27 Jul 2018 | Saining Xie, Chen Sun, Jonathan Huang, Zhuowen Tu, and Kevin Murphy
This paper addresses the challenge of improving video classification performance while balancing speed and accuracy. The authors propose a novel approach that combines several key design choices to achieve this balance. They start with the I3D model, a 3D convolutional neural network that has shown promise in video classification. However, I3D is computationally expensive and prone to overfitting. To address these issues, the authors explore various network architectures, including Bottom-Heavy I3D and Top-Heavy I3D, where 3D convolutions are applied at different layers of the network. They find that Top-Heavy I3D models are faster and often more accurate, as they apply 3D convolutions to higher-level feature maps, which are smaller and more semantically rich.
The authors also introduce a separable 3D convolution (S3D) that decomposes 3D convolutions into spatial and temporal components, reducing computational cost while maintaining accuracy. They further enhance the model with a spatio-temporal feature gating mechanism, which allows the model to focus on important features and ignore irrelevant ones, improving accuracy without increasing computational cost significantly.

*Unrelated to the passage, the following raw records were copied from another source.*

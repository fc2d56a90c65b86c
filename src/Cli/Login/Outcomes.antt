-- ===== src/Cli/Login/Outcomes.antt =====
-- The ways in which a login can end.
use stdiod.Base.{String, Bool, ◌≡◌, ◌≢◌, inl, inr, Option, List, [], ok, err, Result-cases}
use stdiod.Config.{PersistedConfig, load_from}
use stdiod.Config.Backend.{Url}
use stdiod.Auth.{DeviceCodeResponse, DeviceTokenResponse, Pkce}
use stdiod.Auth.Deadline.{poll-terminates}
use stdiod.Cli.Login.{
  LoginArgs, Login, LoginError, Host, failed, start_authorization, poll_token, finish_login,
  wait_login, device_login, legacy_login, configure_legacy_login, login_with, run, save_login,
  chosen_backend, try_open_browser, poll_unfinished, revoke_previous, capture_client_revocation,
  config, auth,
}

-- The poll of a login has fuel enough.
poll_token-poll_unfinished :
    (parse : String → Option Url) (host : Host) (pkce : Pkce) (base : String)
    (answer : DeviceCodeResponse) (e : LoginError)
    → poll_token parse host pkce base answer ≡ err e
    → e ≢ poll_unfinished
unfolding poll_token
poll_token-poll_unfinished parse host pkce base answer e failed_with =
    let (p, returned, _, _, _) =
      poll-terminates host.decoders host.world base host.latest host.now answer pkce.verifier in
    elim (Result-cases p.result) [
      | inl (token, got) ↦ let h = rw (returned, got) at failed_with in cc
      | inr (x, got) ↦ let h = rw (returned, got) at failed_with in cc
    ]

-- A property of logins that every ending has, is one that the command has.
module _ (parse : String → Option Url) (host : Host) (args : LoginArgs) (P : Login → Type 0)
    (fails : (opened : List String) (e : LoginError)
      → e ≢ poll_unfinished
      → P (failed opened e)) where
  pub by_key :
      (c : PersistedConfig) (backend : String) (same_issuer : Bool) (key : String)
      → ((next : PersistedConfig)
          → configure_legacy_login c backend same_issuer key args ≡ ok next
          → P (save_login parse host next [] (revoke_previous parse (capture_client_revocation c))))
      → P (legacy_login parse host c backend same_issuer key args)
  unfolding legacy_login
  by_key c backend same_issuer key saves =
      elim (Result-cases (configure_legacy_login c backend same_issuer key args)) [
        | inr (e, bad) ↦ rw (bad, legacy_login) (fails [] (config e) cc)
        | inl (next, fine) ↦ rw (fine, legacy_login) (saves next fine)
      ]

  by_waiting :
      (c : PersistedConfig) (backend : String) (same_issuer : Bool)
      (started : Pkce × String × DeviceCodeResponse)
      → ((opened : List String) (token : DeviceTokenResponse)
          → P (finish_login parse host c backend same_issuer args opened token))
      → P (wait_login parse host c backend same_issuer args started)
  unfolding wait_login
  by_waiting c backend same_issuer (pkce, base, answer) ends =
      elim (Result-cases
        (try_open_browser parse answer.verification_uri_complete args.no_open host.open_browser)) [
          | inr (e, bad) ↦ rw (bad, wait_login) (fails [] (auth e) cc)
          | inl ((shown, opened), fine) ↦
              rw (fine, wait_login)
                elim (Result-cases (poll_token parse host pkce base answer)) [
                  | inr (e, bad) ↦ rw bad (
                      fails opened e (poll_token-poll_unfinished parse host pkce base answer e bad))
                  | inl (token, polled) ↦ rw polled (ends opened token)
                ]
        ]

  pub by_device :
      (c : PersistedConfig) (backend : String) (same_issuer : Bool)
      → ((opened : List String) (token : DeviceTokenResponse)
          → P (finish_login parse host c backend same_issuer args opened token))
      → P (device_login parse host c backend same_issuer args)
  unfolding device_login
  by_device c backend same_issuer ends =
      elim (Result-cases (start_authorization parse host c backend same_issuer args)) [
        | inr (e, bad) ↦ rw (bad, device_login) (fails [] (auth e) cc)
        | inl (started, fine) ↦
            rw (fine, device_login) (by_waiting c backend same_issuer started ends)
      ]

  pub by_loaded :
      ((c : PersistedConfig) (backend : String)
        → load_from host.path host.file ≡ ok c
        → P (login_with parse host args.api_key args c backend))
      → P (run parse host args)
  unfolding run
  by_loaded continues = elim (Result-cases (load_from host.path host.file)) [
    | inr (e, bad) ↦ rw (bad, run) (fails [] (config e) cc)
    | inl (c, loads) ↦
        rw (loads, run)
          elim (Result-cases (chosen_backend parse args c)) [
            | inr (e, bad) ↦ rw bad (fails [] (config e) cc)
            | inl (backend, chooses) ↦ rw chooses (continues c backend loads)
          ]
  ]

The proposed S3D-G model outperforms previous methods on several video classification benchmarks, including Kinetics, Something-something, UCF101, and HMDB. It also performs well on action detection tasks, such as JHMDB and UCF101-24. The model is efficient, with a significant reduction in computational cost compared to I3D, while maintaining high accuracy. The authors also show that the model generalizes well to different datasets and tasks, demonstrating its effectiveness in various video understanding applications. The key contributions of the paper include the development of a top-heavy model design, temporally separable convolution, and spatio-temporal feature gating, which together enable a more efficient and accurate video classification system.This paper addresses the challenge of improving video classification performance while balancing speed and accuracy. The authors propose a novel approach that combines several key design choices to achieve this balance. They start with the I3D model, a 3D convolutional neural network that has shown promise in video classification. However, I3D is computationally expensive and prone to overfitting. To address these issues, the authors explore various network architectures, including Bottom-Heavy I3D and Top-Heavy I3D, where 3D convolutions are applied at different layers of the network. They find that Top-Heavy I3D models are faster and often more accurate, as they apply 3D convolutions to higher-level feature maps, which are smaller and more semantically rich.
The authors also introduce a separable 3D convolution (S3D) that decomposes 3D convolutions into spatial and temporal components, reducing computational cost while maintaining accuracy. They further enhance the model with a spatio-temporal feature gating mechanism, which allows the model to focus on important features and ignore irrelevant ones, improving accuracy without increasing computational cost significantly.
The proposed S3D-G model outperforms previous methods on several video classification benchmarks, including Kinetics, Something-something, UCF101, and HMDB. It also performs well on action detection tasks, such as JHMDB and UCF101-24. The model is efficient, with a significant reduction in computational cost compared to I3D, while maintaining high accuracy. The authors also show that the model generalizes well to different datasets and tasks, demonstrating its effectiveness in various video understanding applications. The key contributions of the paper include the development of a top-heavy model design, temporally separable convolution, and spatio-temporal feature gating, which together enable a more efficient and accurate video classification system.